The BA has written to all ministers, MPs and members of the House of Lords, detailing the BA’s concerns on business rates. Tim Godfray, chief executive of the Booksellers Association, said: “Our concern was that many booksellers who will have to continue to pay business rates from April this year were going to be absolutely crippled by massive increases, especially those in London. However, let me be very clear – this was not just a London issue. We have had serious concerns over business rates increases for our members in other parts of the country.
“Business Rates have consistently been rated by BA members as one of their top concerns. Indeed, alongside the need to ensure free and fair competition in the book trade, Business Rates have consistently ranked as a top concern.”
Booksellers have previously spoken of their frustration and despair over the “unfair” rates hikes.
Tim Walker, manager at Walkers Bookshops, said: “We have been selling books since 1972 and I don’t think I’ve ever seen such unprecedented rises in costs [that] I have no control over.” He anticipated that his two premises, in Oakham (East Midlands) and Stamford (Lincolnshire), will have to tackle business rates rises of a third and 50% respectively.

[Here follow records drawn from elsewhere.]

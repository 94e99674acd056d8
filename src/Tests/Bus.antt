-- ===== src/Tests/Bus.antt =====
-- The drive's state machine, the stop sequence, the count check, and the system on a process image
-- of bytes.
use zero_force_controller.Common.{
  replicate, ℕ, ◌+◌, ◌*◌, ◌≤◌, ◌≡◌, ◌↔◌, refl, true, ◌++◌, arith, if◌then◌else◌,
}
use zero_force_controller.Common.Int.{pos, negsuc, IsI32, ◌-ℤ◌}
use zero_force_controller.Double.Fixed.{fixed_double, Fixed-IsIeee}
use zero_force_controller.Ethercat.Image.{Bytes, bytes_ecrt}
use zero_force_controller.Ethercat.Clearpath
use zero_force_controller.Ethercat.Clearpath.{
  TxPdos, Command, PdoOffsets, no_command, no_feedback, write_command, read_tx_pdos,
  negative_limit_reached, positive_limit_reached, configure_pdo_offsets,
}
use zero_force_controller.Ethercat.Clearpath.RoundTrip.{CommandFits}
use zero_force_controller.Ethercat.Cia402.{
  fault, unknown, operation_enabled, shutdown, transition, reach_op, update_csp_enable_state,
  decode_statusword, mode_csp, is_operation_enabled_csp, enable_operation,
}
use zero_force_controller.Ethercat.Cia402.Ladder.{
  Cycles, moves, waits, here, resets, readies, switches_on, enables, word_of, distance, Outlook,
  IsAnswer, cycles_lem,
}
use zero_force_controller.Ethercat.Cia402.Decode.{pattern_of, decode_iff}
use zero_force_controller.Ethercat.Stop.{start}
use zero_force_controller.Ethercat.Stop.Frames.{frames, ramp_down, stopping, frames-start}
use zero_force_controller.Ethercat.Counts.{
  valid, validate_command, to_counts, check_counts, too_far, into_limit,
}
use zero_force_controller.Ethercat.Counts.Bounds.{
  IsAllowed, validate_command-IsAllowed, validate_command_iff,
}

decode_iff_example :
    (decode_statusword 0x1237 ≡ operation_enabled) ↔ (pattern_of operation_enabled 0x1237 ≡ true)
decode_iff_example = decode_iff 0x1237 operation_enabled

-- the drive's report of a state word
abbrev reports : ℕ → TxPdos
reports sw = record no_feedback {
  statusword = sw;
  mode_display = mode_csp;
  actual_position = pos 40;
}

-- A drive in a fault is reset, waits for a cycle in Switch On Disabled, and is enabled.
enabling : Cycles shutdown fault 4 0 (word_of (reports 0x23) no_command) operation_enabled
unfolding update_csp_enable_state reach_op transition decode_statusword
enabling = moves (reports 0x08) no_command refl (resets refl) (
    waits (reports 0x40) no_command refl (
      moves (reports 0x40) no_command refl (readies refl) (
        moves (reports 0x21) no_command refl (switches_on refl)
          (moves (reports 0x23) no_command refl (enables refl) here))))

reports_enabled : decode_statusword (reports 0x1237).statusword ≡ operation_enabled
unfolding decode_statusword
reports_enabled = refl

fault_is_known : fault ≡ unknown → ⊥
fault_is_known e = ground arith

cycles_lem_example :
    (4 + distance operation_enabled ≤ distance fault + 5 * 0)
    × Outlook
        (word_of (reports 0x23) no_command)
        (word_of (reports 0x1237) no_command)
        operation_enabled
    × IsAnswer (reports 0x1237) no_command operation_enabled
cycles_lem_example = cycles_lem (reports 0x1237) no_command fault_is_known enabling reports_enabled

abbrev motor : TxPdos
motor = record Clearpath.no_feedback {
  statusword = 0x1237;
  mode_display = pos 8;
  actual_position = pos 500;
}

frames-start_example : frames 121 (start motor) ≡ (
    if is_operation_enabled_csp motor
    then replicate 20 (stopping motor enable_operation) ++ ramp_down motor
    else ramp_down motor)
frames-start_example = frames-start 121 motor (omega arith)

accepted :
    validate_command (fixed_double.of_int (pos 600)) (pos 500) motor (pos 1000) (pos 0)
    ≡ (valid, pos 600)
unfolding validate_command to_counts check_counts too_far into_limit negative_limit_reached
    positive_limit_reached ◌-ℤ◌
accepted = refl

accepted_valid :
    (validate_command (fixed_double.of_int (pos 600)) (pos 500) motor (pos 1000) (pos 0)).0 ≡ valid
accepted_valid = rw accepted refl

validate_command-IsAllowed_example :
    let counts =
      (validate_command (fixed_double.of_int (pos 600)) (pos 500) motor (pos 1000) (pos 0)).1 in
    IsI32 counts × IsAllowed counts (pos 500) motor (pos 1000)
validate_command-IsAllowed_example =
    validate_command-IsAllowed Fixed-IsIeee (fixed_double.of_int (pos 600)) (pos 500) motor
      (pos 1000) (pos 0) accepted_valid

validate_command_iff_example :
    (validate_command (fixed_double.of_int (pos 600)) (pos 500) motor (pos 1000) (pos 0)
      ≡ (valid, pos 600))
    ↔ IsAllowed (pos 600) (pos 500) motor (pos 1000)
validate_command_iff_example =
    validate_command_iff Fixed-IsIeee (pos 600) (pos 500) motor (pos 1000) (pos 0) (omega arith)

abbrev offsets : PdoOffsets
offsets = record {
  rx = record {
    controlword = 0;
    mode_op = 2;
    target_position = 3;
    target_velocity = 7;
    target_torque = 11;
  };
  tx = record {
    statusword = 13;
    mode_display = 15;
    actual_position = 16;
    actual_velocity = 20;
    actual_torque = 24;
    digital_input = 26;
  };
}

abbrev zeros : Bytes
zeros = λ a. 0

abbrev moving : Command
moving = record no_command {
  controlword = enable_operation;
  mode_op = mode_csp;
  target_position = negsuc 1_999;
}

moving_fits : CommandFits moving
moving_fits = ground arith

Meanwhile Brett Wolstencroft, manager at Daunt Books, told The Bookseller at the time that the mini-chain felt “trapped” by the situation, and was steeling itself for a 100% rise in rateable value of its Marylebone shop; in effect, a rise of £50,000 annually. “This will have a huge impact and businesses can’t sustain it. We are trapped. Bookshops, more than other businesses, can’t just look at other premises,” he said.
Today (8th March) the independent booksellers The Bookseller spoke to said that it was a “shame” but the new measures introduced by the chancellor would most likely not benefit them.
Wolstencroft said that he suspected “very small” businesses would benefit from the relief, but as a mini-chain, Daunt Books would not see any change.
Ben Millwood-Harris, manager of Artwords, which has shops in Shoreditch and London Fields, agreed. “I don’t think we’ll qualify [for the rates relief]. We’ve got two outlets so I don’t think it will make any difference to us at all," he said. "I do hope it will make a difference for smaller, single outlet bookshops.”
Meanwhile Mike Cherry, national chairman at the Federation of Small Businesses (FSB), welcomed the fact that the chancellor has listened to the small business-led campaign on business rates.
"The £435 million of new money is a direct and much-needed response to those facing astronomical hikes in their business rates," he said. "This immediate relief is vital in the short-term, and action on more frequent revaluations will also help."
However, Helen Dickinson, chief executive of the British Retail Consortium (BRC), was concerned that the new business rate relief measures added “complexity to an already impenetrable system” and called the £435m figure a “drop in the ocean”.
“We hope that the relief measures will help some of those businesses hardest hit by the revaluation, albeit only temporarily,” she said. “However, more short term relief measures continue to add complexity to an already impenetrable system. £435 million is a drop in the ocean compared with the £25 billion a year that the tax raises. This is yet another sticking plaster on a chronically ill patient – an unsustainable property tax higher here than anywhere in the developed world."
She said the body agreed with Hammond that a business rate review was urgently needed and any new system must be “fit for purpose in the 21st century” and “incorporate business tax in its entirety and not be constrained by the technicality of fiscal neutrality around business rates”.